Instead of having just one input \(x\) determining the output \(y\) (like \(y = f(x)\)), functions of multiple variables have two or more inputs that together determine the output.
Think of a topographical map: the height (output) depends on your location specified by two coordinates, latitude and longitude (inputs). Or the temperature in a room depends on your \((x, y, z)\) position.
A function of \(n\) variables\(f\) assigns a unique output value \(z\) (usually a real number) to each input vector \((x_1, x_2, ..., x_n)\) from a domain \(D\) in \(n\)-dimensional space (\(\mathbb{R}^n\)).
Notation: \(z = f(x_1, x_2, ..., x_n)\) or \(z = f(\mathbf{x})\), where \(\mathbf{x}\) is the input vector.
Domain: The set of all possible input vectors \((x_1, ..., x_n)\) for which the function is defined.
Range: The set of all possible output values \(z\).
Two Variables (\(z = f(x, y)\)): The graph is a surface in 3D space. For each point \((x, y)\) in the domain (on the xy-plane), the height of the surface above/below that point is \(z = f(x, y)\).

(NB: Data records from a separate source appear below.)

-- ===== src/PrintfToStream/Float.antt =====
-- `dbl2stri`: floating-point numbers. The type `double` and its operations are parameters.
pub mod Fraction
pub mod Text
use slirp4tinc.Prelude.{
  ℕ, zero, suc, ◌+◌, ◌-◌, ◌*◌, ◌%◌, ◌^◌, Bool, true, false, ◌||◌, List, [], ◌∷◌, ◌++◌, ◌==◌,
  if◌then◌else◌, leb,
}
use slirp4tinc.Prelude.Run.{Run, ok, undefined, ◌>>=◌}
use slirp4tinc.PrintfToStream.{Printed, put_one, has_flag, pad_right, pad_zero, printi}

-- The operations that the code uses: `< 0.0`, `* -1.0`, the conversions from and to `uint`, of which
-- the latter is undefined out of range, `-`, `*`, and `+ 0.5`.
pub record Doubles (D : Type 0) : Type 0 where
  pub is_negative : D → Bool
  pub negated : D → D
  pub of_uint : ℕ → D
  pub to_uint : D → Run ℕ
  pub minus : D → D → D
  pub times : D → D → D
  pub plus_half : D → D

-- The loop that computes `mult`.
pub multiplier : ℕ → ℕ
multiplier zero = 1
multiplier (suc dec_digits) = multiplier dec_digits * 10 % 2 ^ 32

-- `if (decimalNum >= mult)`
pub carry : ℕ → ℕ → ℕ → ℕ × ℕ
carry whole decimal mult =
    if leb mult decimal then ((whole + 1) % 2 ^ 32, decimal - mult) else (whole, decimal)

-- `intWidth`, an `int` that is taken from an unsigned difference.
pub int_width : ℕ → ℕ → ℕ → Run ℕ
int_width width zero pad = ok width
int_width width (suc k) pad =
    let d = (width + 2 ^ 32 - suc k) % 2 ^ 32 in
    if has_flag pad pad_right
    then ok 0
    else if d == 2 ^ 31
    then undefined
    else if leb (2 ^ 31) d || (d == 0)
    then ok 0
    else ok (d - 1)

-- From `if (dec_digits > 0)` behind the integer portion on. The character 46 is '.'.
pub print_fraction : ℕ → ℕ → ℕ → ℕ → Printed → Run Printed
print_fraction decimal width zero pad o = ok o
print_fraction decimal width (suc k) pad o = do
  let o1 = put_one 46 o
  o2 ←
      if has_flag pad pad_right
      then printi decimal 10 false ((width + 2 ^ 32 - o1.0) % 2 ^ 32) pad_right 97
      else printi decimal 10 false (suc k) pad_zero 97
  ok (o1.0 + o2.0, o1.1 ++ o2.1)

-- Both portions, given the digits; `wholeNum * sign` is a product of 32 bits.
pub print_parts : Bool → ℕ × ℕ → ℕ → ℕ → ℕ → Run Printed
unfolding int_width print_fraction
print_parts negative (whole, decimal) width dec_digits pad = do
  w ← int_width width dec_digits pad
  o ← printi (if negative then (2 ^ 32 - whole) % 2 ^ 32 else whole) 10 true w pad 97
  print_fraction decimal width dec_digits pad o

-- `dbl2stri(dbl, width, dec_digits, pad)`
pub dbl2stri : {D : Type 0} → Doubles D → D → ℕ → ℕ → ℕ → Run Printed
unfolding multiplier carry print_parts
dbl2stri doubles dbl width dec_digits pad = do
  let negative = doubles.is_negative dbl
  let dbl1 = if negative then doubles.negated dbl else dbl
  let mult = multiplier dec_digits
  whole ← doubles.to_uint dbl1
  decimal ← doubles.to_uint (
      doubles.plus_half
        (doubles.times (doubles.minus dbl1 (doubles.of_uint whole)) (doubles.of_uint mult)))
  print_parts negative (carry whole decimal mult) width dec_digits pad
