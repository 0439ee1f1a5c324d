-- ===== src/PrintfToStream/Format.antt =====
-- `vprintf` and `printf`: the format string and its arguments. A pointer into the format is what of it
-- is left, so that the empty list is the terminating zero.
pub mod Directive
pub mod Hex
pub mod Pieces
pub mod Values
pub mod Tests
use slirp4tinc.Prelude.{
  ℕ, zero, suc, ◌+◌, ◌-◌, ◌*◌, ◌%◌, ◌^◌, Bool, true, false, ◌&&◌, Option, none, some, List, [], ◌∷◌,
  ◌++◌, ◌==◌, if◌then◌else◌, leb, length, ◌≡◌, ◌<◌, arith,
}
use slirp4tinc.Prelude.Run.{Run, ok, blocked, undefined, ◌>>=◌}
use slirp4tinc.PrintfToStream.{
  Printed, put_one, counted, has_flag, pad_right, pad_zero, pad_plus, pad_long, prints, printi,
}
use slirp4tinc.PrintfToStream.Float.{Doubles, dbl2stri}

-- An argument, with the type that it was passed with; a `char*` may be null.
pub data Argument (D : Type 0) : Type 0 where
  int_argument : ℕ → Argument D
  long_argument : ℕ → Argument D
  text_argument : Option (List ℕ) → Argument D
  double_argument : D → Argument D

-- `pad |= flag`
abbrev pub set_flag : ℕ → ℕ → ℕ
set_flag pad flag = if has_flag pad flag then pad else pad + flag

-- `if (*format == c) { ++format; pad |= flag; }`
pub parse_flag : ℕ → ℕ → List ℕ × ℕ → List ℕ × ℕ
parse_flag c flag ([], pad) = ([], pad)
parse_flag c flag (x ∷ format, pad) =
    if x == c then (format, set_flag pad flag) else (x ∷ format, pad)

-- `while (*format == '0')`
pub parse_zeros : List ℕ → ℕ → List ℕ × ℕ
parse_zeros [] pad = ([], pad)
parse_zeros (x ∷ format) pad =
    let rest = parse_zeros format (set_flag pad pad_zero) in
    if x == 48 then rest else (x ∷ format, pad)

abbrev pub is_digit : ℕ → Bool
is_digit x = leb 48 x && leb x 57

-- The loop over the digits of the two widths: what is left, `width` and `dec_width`. An overflow of the
-- `int` is undefined.
pub parse_width : List ℕ → Bool → ℕ → ℕ → Run (List ℕ × ℕ × ℕ)
parse_width [] post_decimal width dec_width = ok ([], width, dec_width)
parse_width (x ∷ format) post_decimal width dec_width =
    let point = parse_width format true width 0 in
    let decimal = parse_width format true width ((dec_width * 10 + (x - 48)) % 2 ^ 32) in
    let whole =
      if leb (2 ^ 31) (width * 10 + (x - 48))
      then undefined
      else parse_width format false (width * 10 + (x - 48)) dec_width in
    if x == 46
    then point
    else if is_digit x
    then (if post_decimal then decimal else whole)
    else ok (x ∷ format, width, dec_width)

-- `if ((*format == 't') || (*format == 'l'))`
pub parse_long : List ℕ → List ℕ × Bool
parse_long [] = ([], false)
parse_long (x ∷ format) =
    if x == 116 then (format, true) else if x == 108 then (format, true) else (x ∷ format, false)

-- An `int` as an `intptr_t`.
abbrev pub sign_extend : ℕ → ℕ
sign_extend i = if leb (2 ^ 31) i then i + 2 ^ 64 - 2 ^ 32 else i

-- The cases of the `switch`.
pub data Conversion : Type 0 where
  text decimal hex upper_hex unsigned_decimal character float other : Conversion

pub conversion_of : ℕ → Conversion
conversion_of c =
    if c == b's'
    then text
    else if c == b'd'
    then decimal
    else if c == b'x'
    then hex
    else if c == b'X'
    then upper_hex
    else if c == b'u'
    then unsigned_decimal
    else if c == b'c'
    then character
    else if c == b'f'
    then float
    else other

module _ {D : Type 0} (doubles : Doubles D) where
  abbrev pub Arguments : Type 0
  Arguments = List (Argument D)

  -- `printi(va_arg(args, int), ...)`, and with `long` and `PAD_LONG` if `isLong`; an `unsigned int` is
  -- not extended by its sign. An argument of another type, or none, is undefined.
  pub convert_number : Bool → ℕ → Bool → ℕ → ℕ → ℕ → Arguments → Run (Printed × Arguments)
  convert_number false base sign width pad letter_base (int_argument i ∷ args) = do
    o ←
        printi (if sign then sign_extend i else if base == 10 then i else sign_extend i) base sign
          width pad letter_base
    ok (o, args)
  convert_number true base sign width pad letter_base (long_argument i ∷ args) = do
    o ← printi i base sign width (set_flag pad pad_long) letter_base
    ok (o, args)
  convert_number is_long base sign width pad letter_base args = undefined

  -- "(null)"
  abbrev pub null_text : List ℕ
  null_text = 40 ∷ 110 ∷ 117 ∷ 108 ∷ 108 ∷ 41 ∷ []

  -- The string of one character: the character zero ends it at once.
  abbrev pub scr : ℕ → List ℕ
  scr c = if c % 2 ^ 8 == 0 then [] else (c % 2 ^ 8) ∷ []

  pub scr_lem : (c : ℕ) → 0 < c → c < 2 ^ 8 → scr c ≡ c ∷ []
  scr_lem c more less = ground (arith, more, less)

  pub convert_text : ℕ → ℕ → Arguments → Run (Printed × Arguments)
  convert_text width pad (text_argument none ∷ args) = ok (prints null_text width pad, args)
  convert_text width pad (text_argument (some s) ∷ args) = ok (prints s width pad, args)
  convert_text width pad args = undefined

  pub convert_character : ℕ → ℕ → Arguments → Run (Printed × Arguments)
  convert_character width pad (int_argument c ∷ args) = ok (prints (scr c) width pad, args)
  convert_character width pad args = undefined

  pub convert_float : ℕ → ℕ → ℕ → Arguments → Run (Printed × Arguments)
  convert_float width dec_width pad (double_argument d ∷ args) = do
    o ← dbl2stri doubles d width dec_width pad
    ok (o, args)
  convert_float width dec_width pad args = undefined

  -- The `switch`; the two characters of the default case are not counted.
  pub convert : Conversion → ℕ → Bool → ℕ → ℕ → ℕ → Arguments → Run (Printed × Arguments)
  unfolding convert_number convert_text convert_character convert_float
  convert text c is_long width dec_width pad args = convert_text width pad args
  convert decimal c is_long width dec_width pad args =
      convert_number is_long 10 true width pad b'a' args
  convert hex c is_long width dec_width pad args =
      convert_number is_long 16 false width pad b'a' args
  convert upper_hex c is_long width dec_width pad args =
      convert_number is_long 16 false width pad b'A' args
  convert unsigned_decimal c is_long width dec_width pad args =
      convert_number is_long 10 false width pad b'a' args
  convert character c is_long width dec_width pad args = convert_character width pad args
  convert float c is_long width dec_width pad args = convert_float width dec_width pad args
  convert other c is_long width dec_width pad args = ok ((0, 37 ∷ c ∷ []), args)

  -- What a directive leaves: what it printed, the format behind it, `dec_width` and the arguments.
  pub record After : Type 0 where
    pub printed : Printed
    pub format : List ℕ
    pub dec_width : ℕ
    pub args : Arguments

  -- The conversion character. At the terminating zero the default case puts the zero, and the loop
  -- goes on behind the end of the format.
  pub convert_at : List ℕ → Bool → ℕ → ℕ → ℕ → Arguments → Run After
  unfolding conversion_of convert
  convert_at [] is_long width dec_width pad args = undefined
  convert_at (c ∷ format) is_long width dec_width pad args = do
    (printed, args') ← convert (conversion_of c) c is_long width dec_width pad args
    ok (record { printed = printed; format = format; dec_width = dec_width; args = args' })

  -- From the character behind a '%' on, which is not the terminating zero.
  pub directive : List ℕ → ℕ → Arguments → Run After
  unfolding parse_flag parse_zeros parse_width parse_long convert_at
  directive format dec_width args = do
    let (format1, pad1) = parse_flag 45 pad_right (format, 0)
    let (format2, pad2) = parse_flag 43 pad_plus (format1, pad1)
    let (format3, pad) = parse_zeros format2 pad2
    (format4, width, dec_width') ← parse_width format3 false 0 dec_width
    let (format5, is_long) = parse_long format4
    convert_at format5 is_long width dec_width' pad args

  -- `pc += ...`, with what was put.
  abbrev pub add_printed : Printed → Printed → Printed
  add_printed (pc, out) (n, more) = (pc + n, out ++ more)

  -- What stands behind a '%': nothing, another '%', or a directive.
  pub percent : List ℕ → ℕ → Arguments → Run (Option After)
  unfolding directive
  percent [] dec_width args = ok none
  percent (c ∷ format) dec_width args =
      if c == 37
      then ok (
          some (record {
            printed = (1, 37 ∷ []);
            format = format;
            dec_width = dec_width;
            args = args;
          }))
      else (do after ← directive (c ∷ format) dec_width args; ok (some after))

  -- The loop over the format; without fuel it has not returned.
  pub vprintf_loop : ℕ → List ℕ → ℕ → Arguments → Printed → Run Printed
  unfolding percent counted
  vprintf_loop zero format dec_width args o = blocked
  vprintf_loop (suc fuel) [] dec_width args o = ok o
  vprintf_loop (suc fuel) (c ∷ format) dec_width args o = elim (c == 37) [
    | false ↦ (do o' ← counted (put_one c o); vprintf_loop fuel format dec_width args o')
    | true ↦ (do
      after ← percent format dec_width args
      elim after [
        | none ↦ ok o
        | some a ↦ (do
          o' ← counted (add_printed o a.printed)
          vprintf_loop fuel a.format a.dec_width a.args o')
      ])
  ]

  -- `vprintf(format, args)` and `printf(format, ...)`
  pub vprintf : List ℕ → Arguments → Run Printed
  unfolding vprintf_loop
  vprintf format args = vprintf_loop (suc (length format)) format 0 args (0, [])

Three or More Variables: Direct graphing is impossible (requires >3 dimensions). We often visualize using:
Level Sets (Contour Maps): For \(z = f(x, y)\), level sets are curves in the xy-plane where \(f(x, y) = c\) (constant). Like contour lines on a topographical map showing points of equal height.
Level Surfaces: For \(w = f(x, y, z)\), level surfaces are surfaces in 3D space where \(f(x, y, z) = c\).
Loss Functions: Often functions of many variables (the model's parameters/weights \(w_1, w_2, ..., w_n\)). The loss \(L\) depends on all weights: \(L = f(w_1, ..., w_n)\). Optimization aims to find the weights that minimize this function.
Prediction Models: A model predicting house price (\(y\)) based on size (\(x_1\)) and location (\(x_2\)) is a function \(y = f(x_1, x_2)\).
Image Representation: Pixel intensity can be a function of coordinates \(I = f(\text{row}, \text{column})\).
The concepts of limits and continuity extend to multiple variables, but become more complex. A limit requires the function to approach the same value regardless of the path taken towards the point \((x_0, y_0, ...)\). Continuity requires the limit to exist, the function to be defined, and the limit to equal the function value, just like the single-variable case.